*WHAT THE EXERCISE ASKS*
Among the records, which lines hold the word "List"? Pick them out.

┄┄┄┄┄┄┄┄┄┄

-- ===== src/Tainlog/Rotation.antt =====
-- What append_tainlog of srvctl/src/tainlog.c promises while every call of APR succeeds: the files,
-- the archived ones first, are one string of bytes, to which the buffer is added.
use mathlib.Core.Option
use ngim.Base.{
  ℕ, ◌+◌, ◌≤◌, ◌≡◌, ◌≢◌, refl, sym, ap, ◌∙◌, true, false, Option, none, some, List, [], ◌∷◌, ◌++◌,
  ltb, inl, inr, length, length-append, arith, In, if-ind, append_assoc, append-nil,
}
use ngim.Tai.{Tain}
use ngim.Tai.Text.{tain_format}
use ngim.Cmdline.{Str, str_eq}
use ngim.Tainlog.Files.{
  Entry, File, Log, Answers, unlink, open_found, open_tainlog, rename_current, close_tainlog,
  write_tainlog, archive_full, append_tainlog, flush_archive,
}
use ngim.Cmdline.Strings.{str_eq→≡}

-- Every call of APR succeeds.
pub record Works (a : Answers) : Type 0 where
  pub stats : a.can_stat ≡ true
  pub opens : a.can_open ≡ true
  pub locks : a.can_lock ≡ true
  pub renames : a.can_rename ≡ true
  pub writes : a.written ≡ none

-- FILE_CURRENT is open, `current_size` is its size, and it is not too large.
pub record IsReady (filesize : ℕ) (l : Log) : Type 0 where
  pub is_open : l.opened ≡ true
  pub file : File
  pub is_current : l.current ≡ some file
  pub sized : l.size ≡ length file.content
  pub bounded : l.size ≤ filesize

abbrev pub archived : List Entry → List ℕ
archived [] = []
archived (e ∷ es) = e.file.content ++ archived es

abbrev pub current_bytes : Option File → List ℕ
current_bytes none = []
current_bytes (some f) = f.content

-- The bytes that were logged.
abbrev pub logged : Log → List ℕ
logged l = archived l.entries ++ current_bytes l.current

archived-append :
    (es : List Entry) (e : Entry) → archived (es ++ (e ∷ [])) ≡ archived es ++ e.file.content
archived-append [] e = append-nil e.file.content
archived-append (d ∷ es) e = simp (archived-append es e, append_assoc)

unlink_fresh :
    (name : Str) (es : List Entry) → ((e : Entry) → In e es → e.name ≢ name) → unlink name es ≡ es
unfolding unlink
unlink_fresh name [] h = refl
unlink_fresh name (e ∷ es) h =
    if-ind (λ l. l ≡ e ∷ es) (str_eq e.name name)
      (λ t. absurd (h e (inl refl) (str_eq→≡ e.name name t)))
      (λ _. ap (λ l. e ∷ l) (unlink_fresh name es (λ d m. h d (inr m))))

module _ (a : Answers) (works : Works a) (filesize : ℕ) (buffer : List ℕ)
    (fits : length buffer ≤ filesize) where
  -- The state after the buffer was written to the file `f`.
  abbrev grown : Log → File → Log
  grown l f = record l {
    current = some (record f { content = f.content ++ buffer });
    size = l.size + length buffer;
  }

  write_tainlog_open :
      (l : Log) (f : File)
      → l.opened ≡ true
      → l.current ≡ some f
      → write_tainlog a buffer l ≡ grown l f
  unfolding write_tainlog
  write_tainlog_open l f o c = ground (arith, works.writes)

  grown-IsReady :
      (l : Log) (f : File)
      → l.opened ≡ true
      → l.size ≡ length f.content
      → l.size + length buffer ≤ filesize
      → IsReady filesize (grown l f)
  grown-IsReady l f o z b = record {
    is_open = o;
    file = record f { content = f.content ++ buffer };
    is_current = refl;
    sized = omega (arith, length-append f.content buffer);
    bounded = b;
  }

  logged-grown : (l : Log) (f : File) → l.current ≡ some f → logged (grown l f) ≡ logged l ++ buffer
  logged-grown l f c = rw c (sym (append_assoc (archived l.entries) f.content buffer))

  -- The state after the file `f` was archived and a new one was made.
  abbrev rotated : Tain → Log → File → Log
  rotated stamp l f = record l {
    opened = true;
    size = 0;
    current = some (record { regular = true; content = [] });
    entries = l.entries ++ (record { name = tain_format stamp; file = f } ∷ []);
  }

  abbrev closed : Tain → Log → File → Log
  closed stamp l f = record l {
    opened = false;
    current = none;
    entries = l.entries ++ (record { name = tain_format stamp; file = f } ∷ []);
  }

  close_tainlog-closed :
      (stamp : Tain) (l : Log) (f : File)
      → l.current ≡ some f
      → unlink (tain_format stamp) l.entries ≡ l.entries
      → close_tainlog a stamp l ≡ closed stamp l f
  unfolding close_tainlog rename_current
  close_tainlog-closed stamp l f c fresh = ground (arith, works.renames)

  open_tainlog-rotated :
      (stamp : Tain) (l : Log) (f : File) → open_tainlog a (closed stamp l f) ≡ rotated stamp l f
  unfolding open_tainlog open_found
  open_tainlog-rotated stamp l f = ground (arith, works.stats, works.opens, works.locks)

  open_tainlog_opened : (l : Log) → l.opened ≡ true → open_tainlog a l ≡ l
  unfolding open_tainlog
  open_tainlog_opened l o = ground arith

  archive_full-closed :
      (stamp : Tain) (l : Log) (f : File)
      → l.current ≡ some f
      → unlink (tain_format stamp) l.entries ≡ l.entries
      → archive_full a none stamp l ≡ some (closed stamp l f)
  unfolding archive_full flush_archive
  archive_full-closed stamp l f c fresh = rw (close_tainlog-closed stamp l f c fresh) refl

  -- Where every call of APR succeeds, the file is ready, the buffer is no longer than a file may be,
  -- no archived files are removed and no entry has the name of the new archive: append_tainlog
  -- leaves the file ready, its size within the bound, and adds the buffer to the logged bytes.
  pub append_tainlog-IsReady :
      (stamp : Tain) (l : Log)
      → IsReady filesize l
      → ((e : Entry) → In e l.entries → e.name ≢ tain_format stamp)
      → (l' : Log) × ((append_tainlog a filesize none stamp buffer l ≡ some l')
          × (IsReady filesize l' × (logged l' ≡ logged l ++ buffer)))
  unfolding append_tainlog
  append_tainlog-IsReady stamp l r fresh =
      let f : File = r.file in
      let c : l.current ≡ some f = r.is_current in
      let next : Log → Log = λ x. write_tainlog a buffer (open_tainlog a x) in
      let P : Option Log → Type 0 = λ o.
        (l' : Log) × ((Option.map next o ≡ some l')
          × (IsReady filesize l' × (logged l' ≡ logged l ++ buffer))) in
      let empty : File = record { regular = true; content = [] } in
      let l1 : Log = rotated stamp l f in
      if-ind P (ltb filesize (l.size + length buffer))
        (λ t. (
          grown l1 empty,
          (
            ap (Option.map next) (
                  archive_full-closed stamp l f c
                    (unlink_fresh (tain_format stamp) l.entries fresh))
                ∙ (ap some (
                    ap (write_tainlog a buffer) (open_tainlog-rotated stamp l f)
                    ∙ write_tainlog_open l1 empty refl refl)),
            (
              grown-IsReady l1 empty refl refl (omega arith),
              logged-grown l1 empty refl
                  ∙ ap (λ x. x ++ buffer)
                      (append-nil (archived l1.entries)
                        ∙ (archived-append l.entries (record { name = tain_format stamp; file = f })
                            ∙ rw c refl)),
            ),
          ),
        ))
        (λ t. (
          grown l f,
          (
            ap some (
                ap (write_tainlog a buffer) (open_tainlog_opened l r.is_open)
                ∙ write_tainlog_open l f r.is_open c),
            (grown-IsReady l f r.is_open r.sized (ground arith), logged-grown l f c),
          ),
        ))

┄┄┄┄┄┄┄┄┄┄

*WRITTEN SOLUTION*
  ℕ, ◌+◌, ◌≤◌, ◌≡◌, ◌≢◌, refl, sym, ap, ◌∙◌, true, false, Option, none, some, List, [], ◌∷◌, ◌++◌,
abbrev pub archived : List Entry → List ℕ
abbrev pub current_bytes : Option File → List ℕ
abbrev pub logged : Log → List ℕ
    (es : List Entry) (e : Entry) → archived (es ++ (e ∷ [])) ≡ archived es ++ e.file.content
    (name : Str) (es : List Entry) → ((e : Entry) → In e es → e.name ≢ name) → unlink name es ≡ es
module _ (a : Answers) (works : Works a) (filesize : ℕ) (buffer : List ℕ)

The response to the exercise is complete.